Swiss financial news outlet Inside Paradeplatz reports that the Boston-based asset management company intends to bid 9 Swiss francs per Credit Suisse share for a total of $23.6 billion.

State Street has remained tight-lipped about the potential acquisition, telling Reuters that it does not intend to respond to the news report detailing its takeover plans. 

“As we have previously discussed, we are focused on our pending acquisition of Brown Brothers Harriman's Investors Services business,” the company insisted. 

Several analysts who spoke to Reuters expressed skepticism at State Street who intend to purchase a full-service bank franchise like Credit Suisse. 

State Street currently holds $3.9 trillion of client assets, and together with BlackRock and Vanguard, hold a combined average stake of 20% in every Fortune 500 company. 

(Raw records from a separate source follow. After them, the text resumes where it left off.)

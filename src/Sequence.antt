-- ===== src/Sequence.antt =====
-- internal/runtime/sequence.go: the monotonicity gate that fact ingestion puts before a delta.
pub mod Laws
use market_data_backend.Prelude.{
  String, Bool, true, false, not, ◌&&◌, ◌||◌, Option, none, some, Result, ok, ◌==◌, String_eq,
  if◌then◌else◌, is_some,
}
use market_data_backend.Prelude.Text.{is_empty}
use market_data_backend.Prelude.Int.{ℤ, ℤ_eq, ltb_ℤ}
use market_data_backend.Model.{OrderBookDelta}

unfoldable pub delta_terminal : OrderBookDelta → Option ℤ
delta_terminal delta = elim delta.last_update_id [ some id ↦ some id | none ↦ delta.sequence ]

unfoldable pub same_optional_int64 : Option ℤ → Option ℤ → Bool
same_optional_int64 none none = true
same_optional_int64 none (some b) = false
same_optional_int64 (some a) none = false
same_optional_int64 (some a) (some b) = a == b

-- Both deltas carry the same non-empty raw event id.
unfoldable pub same_event : String → String → Bool
same_event a b = if is_empty a then false else if is_empty b then false else a == b

unfoldable pub has_cursor : OrderBookDelta → Bool
has_cursor a =
    if is_some a.first_update_id
    then true
    else if is_some a.last_update_id
    then true
    else is_some a.sequence

unfoldable pub same_delta_identity : OrderBookDelta → OrderBookDelta → Bool
unfolding same_optional_int64 same_event has_cursor
same_delta_identity a b =
    if same_event a.raw_event_id b.raw_event_id
    then true
    else if same_optional_int64 a.first_update_id b.first_update_id
    then (if same_optional_int64 a.last_update_id b.last_update_id
        then (if same_optional_int64 a.sequence b.sequence then has_cursor a else false)
        else false)
    else false

-- Where both deltas have a terminal cursor, the new one has to be ahead.
unfoldable pub is_ahead : Option ℤ → Option ℤ → Bool
is_ahead (some prev) (some cur) = ltb_ℤ prev cur
is_ahead _ _ = true

-- The result says whether the cursor advances; the code returns no error on any path.
unfoldable pub check_delta_continuity : Option OrderBookDelta → OrderBookDelta → Result String Bool
unfolding same_delta_identity is_ahead delta_terminal
check_delta_continuity none current = ok true
check_delta_continuity (some previous) current =
    if same_delta_identity previous current
    then ok false
    else ok (is_ahead (delta_terminal previous) (delta_terminal current))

All three asset management companies have been leading proponents of Environmental, Social and Governance (ESG) goals, and have pressured firms in their management portfolios to make pledges and commitments to woke initiatives such as Diversity, Equity, and Inclusion (DEI) and clean energy commitments. 

In other words, companies under their influence are expected to mix business decisions with political ones. As detailed by the Daily Wire in 2021, the three asset managers placed three climate activists on Exxon Mobil's 12-person board of directors. 

“Consolidation in the asset management industry is part of what allows a small group of players to advance a monolithic ideology on the rest of corporate America,” said Vivek Ramaswamy, the author of “Woke Inc. 

“ESG in many ways originated in Europe and is even stronger there than in the United States — so I think this is just a part of the continued trend of seeing ESG become a dominant transnational trend on both sides of the Atlantic,” he said in a statement to Daily Wire. 

“The asset management industry — and the finance industry overall — is the one industry that’s upstream of all others, and why it has the greatest cultural influence of all,” Ramaswamy added.